The purpose of load testing is to measure the application’s performance in a growing number of users. The application is checked by loading or increasing the number of users, and the results are calculated to verify the specifications. 

This cost could be the estimated number of users who conduct a certain number of transactions on the platform during the set period. This test would display the reaction times for all main business transactions. If we already track the database and application server, this basic test alone will lead to a programming bottleneck.

Load Testing

2. Capacity Testing

Capacity tests (sometimes called scalability tests) allow us to assess the device users’ potential capacity while not reaching the maximum time we have specified. This performance testing example shows that 20 users with a page time of 3.5 were conveniently supported by the method. 

Now we want to find out our system’s capacity – or can’t wait for a response time of 3.5 seconds? Is there going to be 21 users, 30, 40, or 50? The ‘Safety Zone’ for our system is our higher-level goal. 

To what degree, without harming the end-user experience, should we stretch it? The results map below indicates that the device serves 28 users for 3.5 seconds. However, if the load size is 29, page time tends to reach the 3.5-second mark.

3. Stress Testing

The purpose of a stress test is to figure out how a machine works under severe conditions. If we are intentionally attempting to tear down the device by adding some drastic criteria, whether we double the number of users, use a less memory database server, or use a poorer CPU server. 

What we like is how the device will be stressed and what the user interface will be. Can the machine continue to release mistakes? Is response time going to double? Or is it going to trap and fail the whole system?

To proceed with the preceding performance testing example, we will continue to increase the device’s load instead of stopping with around 30 users (when page time reaches our goal).

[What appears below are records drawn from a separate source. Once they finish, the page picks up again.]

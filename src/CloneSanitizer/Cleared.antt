-- ===== src/CloneSanitizer/Cleared.antt =====
-- runtime/native/sanitize_clone.py, `sanitize`: what a run that succeeds has found on the disk.
use Prim.Native.String.{◌++◌ as ◌<>◌}
use mola_core.Base.{
  ◌≡◌, refl, ap, sym, subst, ◌∙◌, String, Bool, true, false, ◌&&◌, not, Option, none, some, List,
  [], ◌∷◌, all, arith, ◌==◌,
}
use mola_core.Base.Bytes.{Bytes}
use mola_core.Base.Failing.{
  ok, raise, exec_bind-eq-ok, require-eq-ok, lift-eq-ok, pure-eq-ok, gets-eq,
}
use mola_core.CloneSanitizer.Sanitize.{
  remove, Done, Tools, State, shows_inode, shows_empty_file, ended, debugfs, exists, fsck,
  none_there, checked_identity, sanitize,
}

abbrev pub says : (Bytes → Bool) → Option Done → Bool
says p none = false
says p (some done) = done.code == 0 && p done.text

-- What `stat` tells of a disk: the machine-id is an empty file, and no identity has an inode.
abbrev pub is_reset : (t : Tools) → t.Disk → Bool
is_reset t d =
    says shows_empty_file (t.inspect "stat /etc/machine-id" d)
    && all (λ path. says (λ text. not (shows_inode text)) (t.inspect ("stat " <> path) d)) remove

module _ (t : Tools) where
  ended-eq-ok :
      (o : Option Done) (p : Bytes → Bool) {s u : State t.Disk} {out : Bytes}
      → ended t o s ≡ (ok out, u)
      → p out ≡ true
      → (says p o ≡ true) × (s ≡ u)
  unfolding ended raise
  ended-eq-ok none p e h = cc
  ended-eq-ok (some done) p e h =
      let (code, f) = require-eq-ok (done.code == 0) _ _ e in
      let (text, same) = pure-eq-ok done.text _ f in (both _ _ code (ap p text ∙ h), same)
    where
      both : (a b : Bool) → a ≡ true → b ≡ true → (a && b) ≡ true
      both a b p q = ground arith

  pub debugfs-eq-ok :
      (command : String) (p : Bytes → Bool) {s u : State t.Disk} {out : Bytes}
      → debugfs t command s ≡ (ok out, u)
      → p out ≡ true
      → (says p (t.inspect command s.disk) ≡ true) × (s ≡ u)
  unfolding debugfs
  debugfs-eq-ok command p e h =
      let (held, is_held, f) = lift-eq-ok t.lease _ e in
      ended-eq-ok _ p (gets-eq (λ s. s.disk) _ f) h

  abbrev missing : String → t.Disk → Bool
  missing path d = says (λ text. not (shows_inode text)) (t.inspect ("stat " <> path) d)

  exists-eq-ok :
      (path : String) {s u : State t.Disk} {there : Bool}
      → exists t path s ≡ (ok there, u)
      → not there ≡ true
      → (missing path s.disk ≡ true) × (s ≡ u)
  unfolding exists
  exists-eq-ok path e h =
      let (output, s', f, g) = exec_bind-eq-ok _ _ e in
      let (is, same) = pure-eq-ok _ _ g in
      let (m, kept) =
        debugfs-eq-ok ("stat " <> path) (λ text. not (shows_inode text)) f (ap not is ∙ h) in
      (m, kept ∙ same)

  none_there-eq-ok :
      (paths : List String) {s u : State t.Disk}
      → none_there t paths s ≡ (ok tt, u)
      → (all (λ path. missing path s.disk) paths ≡ true) × (s ≡ u)
  unfolding none_there
  none_there-eq-ok [] e = (refl, (pure-eq-ok tt _ e).1)
  none_there-eq-ok (path ∷ paths) {s} e =
      let (there, s', f, g) = exec_bind-eq-ok _ _ e in
      let (absent, h) = require-eq-ok (not there) _ _ g in
      let (m, kept) = exists-eq-ok path f absent in
      let (ms, same) = none_there-eq-ok paths h in
      (
        both _ _ m (subst (λ x. all (λ path. missing path x.disk) paths ≡ true) (sym kept) ms),
        kept ∙ same,
      )
    where
      both : (a b : Bool) → a ≡ true → b ≡ true → (a && b) ≡ true
      both a b p q = ground arith

  checked-eq-ok :
      {s u : State t.Disk}
      → checked_identity t s ≡ (ok tt, u)
      → (is_reset t s.disk ≡ true) × (s ≡ u)
  unfolding checked_identity
  checked-eq-ok e =
      let (output, s', f, g) = exec_bind-eq-ok _ _ e in
      let (empty, h) = require-eq-ok (shows_empty_file output) _ _ g in
      let (m, kept) = debugfs-eq-ok "stat /etc/machine-id" shows_empty_file f empty in
      let (ms, same) = none_there-eq-ok remove h in
      (
        both _ _ m (subst (λ x. all (λ path. missing path x.disk) remove ≡ true) (sym kept) ms),
        kept ∙ same,
      )
    where
      both : (a b : Bool) → a ≡ true → b ≡ true → (a && b) ≡ true
      both a b p q = ground arith

  -- A run that succeeds ends with a check of the filesystem, and the disk that this check got is one
  -- on which `stat` tells that the machine-id is an empty regular file and that none of the
  -- identities is there.
  pub sanitized_is_reset :
      (empty : String) (s u : State t.Disk)
      → sanitize t empty s ≡ (ok tt, u)
      → (v : State t.Disk) × (is_reset t v.disk ≡ true) × (fsck t v ≡ (ok tt, u))
  unfolding sanitize
  sanitized_is_reset empty s u e =
      let (regular, a) = require-eq-ok _ _ _ (gets-eq (λ s. s.disk) _ e) in
      let (_, s1, b, f1) = exec_bind-eq-ok _ _ a in
      let (_, s2, d, f2) = exec_bind-eq-ok _ _ f1 in
      let (_, s3, g, f3) = exec_bind-eq-ok _ _ f2 in
      let (_, s4, h, f4) = exec_bind-eq-ok _ _ f3 in
      let (reset, same) = checked-eq-ok h in
      (s4, subst (λ x. is_reset t x.disk ≡ true) same reset, f4)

Our stress test shows that, despite growing page time, the system works for up to 41 people. However, as the load hits 42 people, the code will continue to worsen, with a page time of 15-17 seconds.

4. Soak Testing

Very frequently, the “normal” load test, which is done for a limited period, won’t show all issues. A manufacturing operation normally lasts days, weeks, and months. For instance, an eCommerce application should be available 24 / 7 and a stock exchange app will run continuously during working days. The length of a soak test should have a connection with the system operating mode being tested.

The purpose of soak testing is to identify performance testing strategy issues that only emerge after a long time. During soak testing, we’re asking questions such as:

  • If the machine operates over time, is there a continuous deterioration in response time?

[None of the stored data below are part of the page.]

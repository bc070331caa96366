-- ===== src/CloneSanitizer/Resets.antt =====
-- runtime/native/sanitize_clone.py, `sanitize`: what it changes, and what it has checked.
use Prim.Native.String.{◌++◌ as ◌<>◌}
use mola_core.Base.{
  ◌≡◌, refl, ap, String, Bool, true, ◌&&◌, ◌||◌, Option, none, some, List, [], ◌∷◌, map, str_eq,
  any, all, arith, ℕ,
}
use text.Mathlib.TextPositions.{eq_refl}
use mola_core.Base.Follows.{
  Preorder, Follows, Follows-pure, Follows-raise, Follows-lift, Follows-require, Follows-if,
  Follows-bind, Follows-gets,
}
use mola_core.CloneSanitizer.Sanitize.{
  remove, Done, Tools, State, ended, debugfs, ended_change, debugfs_writable, exists, ended_fsck,
  fsck, remove_there, set_fields, none_there, reset_machine_id, checked_identity, sanitize,
}

-- The commands that may change the disk: the identities are removed, and the machine-id is written.
abbrev pub identity_changes : List String
identity_changes =
    "rm /etc/machine-id"
    ∷ "set_inode_field /etc/machine-id mode 0100644"
    ∷ "set_inode_field /etc/machine-id uid 0"
    ∷ "set_inode_field /etc/machine-id gid 0"
    ∷ map (λ path. "rm " <> path) remove

abbrev pub written : String → String
written empty = "write " <> empty <> " /etc/machine-id"

abbrev pub is_allowed : String → String → Bool
is_allowed empty command = str_eq command (written empty) || any (str_eq command) identity_changes

or_right : (a b : Bool) → b ≡ true → (a || b) ≡ true
or_right a b e = ground arith

or_left : (a b : Bool) → a ≡ true → (a || b) ≡ true
or_left a b e = ground arith

and_left : (a b : Bool) → (a && b) ≡ true → a ≡ true
and_left a b e = ground arith

and_right : (a b : Bool) → (a && b) ≡ true → b ≡ true
and_right a b e = ground arith

-- Each path that is removed has its command.
abbrev commands_known : List String → Bool
commands_known paths = all (λ path. any (str_eq ("rm " <> path)) identity_changes) paths

remove_known : commands_known remove ≡ true
remove_known = refl

module _ (t : Tools) (empty : String) where
  abbrev Allowed : State t.Disk → State t.Disk → Type 0
  Allowed s u = all (is_allowed empty) s.changes ≡ true → all (is_allowed empty) u.changes ≡ true

  Allowed-Preorder : Preorder Allowed
  Allowed-Preorder = record { same = λ s h. h; chain = λ s u v f g h. g (f h) }

  Follows-debugfs : (command : String) → Follows Allowed (debugfs t command)
  unfolding debugfs ended
  Follows-debugfs command =
      Follows-bind Allowed-Preorder _ _ (Follows-lift Allowed-Preorder _) λ held.
        Follows-bind Allowed-Preorder _ _ (Follows-gets Allowed-Preorder _)
          λ disk. ends (t.inspect command disk)
    where
      ends : (o : Option Done) → Follows Allowed (ended t o)
      ends none = Follows-raise Allowed-Preorder _
      ends (some done) =
          Follows-bind Allowed-Preorder _ _ (Follows-require Allowed-Preorder _ _)
            λ u. Follows-pure Allowed-Preorder _

  Follows-change :
      (command : String)
      → is_allowed empty command ≡ true
      → Follows Allowed (debugfs_writable t command)
  unfolding debugfs_writable ended_change
  Follows-change command a =
      Follows-bind Allowed-Preorder _ _ (Follows-lift Allowed-Preorder _) λ held.
        Follows-bind Allowed-Preorder _ _ (Follows-gets Allowed-Preorder _)
          λ disk. ends (t.change command disk)
    where
      both : (a b : Bool) → a ≡ true → b ≡ true → (a && b) ≡ true
      both a b p q = ground arith

      ends : (o : Option (Done × t.Disk)) → Follows Allowed (ended_change t command o)
      ends none = record { to = λ s h. h }
      ends (some (done, d)) = record { to = λ s h. both _ _ a h }

  Follows-exists : (path : String) → Follows Allowed (exists t path)
  unfolding exists
  Follows-exists path =
      Follows-bind Allowed-Preorder _ _ (Follows-debugfs _)
        λ output. Follows-pure Allowed-Preorder _

  Follows-fsck : Follows Allowed (fsck t)
  unfolding fsck ended_fsck
  Follows-fsck = Follows-bind Allowed-Preorder _ _ (Follows-lift Allowed-Preorder _) λ held.
      Follows-bind Allowed-Preorder _ _ (Follows-gets Allowed-Preorder _)
        λ disk. ends (t.e2fsck disk)
    where
      ends : (o : Option (ℕ × t.Disk)) → Follows Allowed (ended_fsck t o)
      ends none = record { to = λ s h. h }
      ends (some (code, d)) = record { to = λ s h. h }

  fixed :
      (command : String)
      → any (str_eq command) identity_changes ≡ true
      → Follows Allowed (debugfs_writable t command)
  fixed command e = Follows-change command (or_right _ _ e)

  Follows-remove_there :
      (paths : List String) → commands_known paths ≡ true → Follows Allowed (remove_there t paths)
  unfolding remove_there
  Follows-remove_there [] e = Follows-pure Allowed-Preorder tt
  Follows-remove_there (path ∷ paths) e =
      Follows-bind Allowed-Preorder _ _ (Follows-exists path) λ there.
        Follows-bind Allowed-Preorder _ _
          (Follows-if there _ _ (fixed ("rm " <> path) (and_left _ _ e))
            (Follows-pure Allowed-Preorder tt))
          λ u. Follows-remove_there paths (and_right _ _ e)

  Follows-none_there : (paths : List String) → Follows Allowed (none_there t paths)
  unfolding none_there
  Follows-none_there [] = Follows-pure Allowed-Preorder tt
  Follows-none_there (path ∷ paths) =
      Follows-bind Allowed-Preorder _ _ (Follows-exists path) λ there.
        Follows-bind Allowed-Preorder _ _ (Follows-require Allowed-Preorder _ _)
          λ u. Follows-none_there paths

  Follows-reset : Follows Allowed (reset_machine_id t empty)
  unfolding reset_machine_id set_fields
  Follows-reset = Follows-bind Allowed-Preorder _ _ (Follows-exists _) λ there.
      Follows-bind Allowed-Preorder _ _
        (Follows-if there _ _ (fixed "rm /etc/machine-id" refl) (Follows-pure Allowed-Preorder tt))
        λ u.
          Follows-bind Allowed-Preorder _ _
            (Follows-change (written empty) (or_left _ _ (eq_refl (written empty))))
            λ v.
              Follows-bind Allowed-Preorder _ _
                (fixed "set_inode_field /etc/machine-id mode 0100644" refl)
                λ a.
                  Follows-bind Allowed-Preorder _ _
                    (fixed "set_inode_field /etc/machine-id uid 0" refl)
                    λ b.
                      Follows-bind Allowed-Preorder _ _
                        (fixed "set_inode_field /etc/machine-id gid 0" refl)
                        λ d. Follows-pure Allowed-Preorder tt

  Follows-sanitize : Follows Allowed (sanitize t empty)
  unfolding sanitize checked_identity
  Follows-sanitize = Follows-bind Allowed-Preorder _ _ (Follows-gets Allowed-Preorder _) λ disk.
      Follows-bind Allowed-Preorder _ _ (Follows-require Allowed-Preorder _ _) λ a.
        Follows-bind Allowed-Preorder _ _ Follows-fsck λ b.
          Follows-bind Allowed-Preorder _ _ (Follows-remove_there remove remove_known) λ d.
            Follows-bind Allowed-Preorder _ _ Follows-reset λ e.
              Follows-bind Allowed-Preorder _ _
                (Follows-bind Allowed-Preorder _ _ (Follows-debugfs _) λ output.
                  Follows-bind Allowed-Preorder _ _ (Follows-require Allowed-Preorder _ _)
                    λ f. Follows-none_there remove)
                λ g. Follows-fsck

  -- Whatever the programs do and wherever the run ends, debugfs gets no command that changes the disk
  -- but the removal of one of the identities, and the removal, the writing from the empty file and the
  -- three fields of the machine-id.
  pub changes_only_identity :
      (s : State t.Disk)
      → s.changes ≡ []
      → all (is_allowed empty) (sanitize t empty s).1.changes ≡ true
  changes_only_identity s e = Follows-sanitize.to s (ap (all (is_allowed empty)) e)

Doesn’t the machine resource display depletion in short runs, but will it occur when the test runs long? Memory consumptions, free storage space, managing computers, etc. 

For example,

Is there a recurrent mechanism that influences the system’s output but can only be observed while it runs long? Exporting the data into third-party applications, for example, a recovery process that takes place once every day.

We are checking for improvements in device actions while we run soak tests. The example below shows how steady the load is for some time, but a memory leak (=green line) persists. This memory leak could not impact the system, but the structure might fail after a while. (The following example is shorter than a standard soak test that lasts for hours, days, and even weeks.)

Another case of usage seen below is the constant load scale, but then there is a memory increase (red line) after 50 minutes of the test, which hurts the output. It is how a regular background routine influences the machine at the start of the operation. (It will take even more time again in a true soak test).

Conclusion

If there is one message from these types of performance testing, it that is—too many performance engineers don’t care enough about what the targets of each test are, or what the objectives of the device under test are. Be sure we have concrete expectations for our experiments before we engage in complicated, time-consuming scenarios.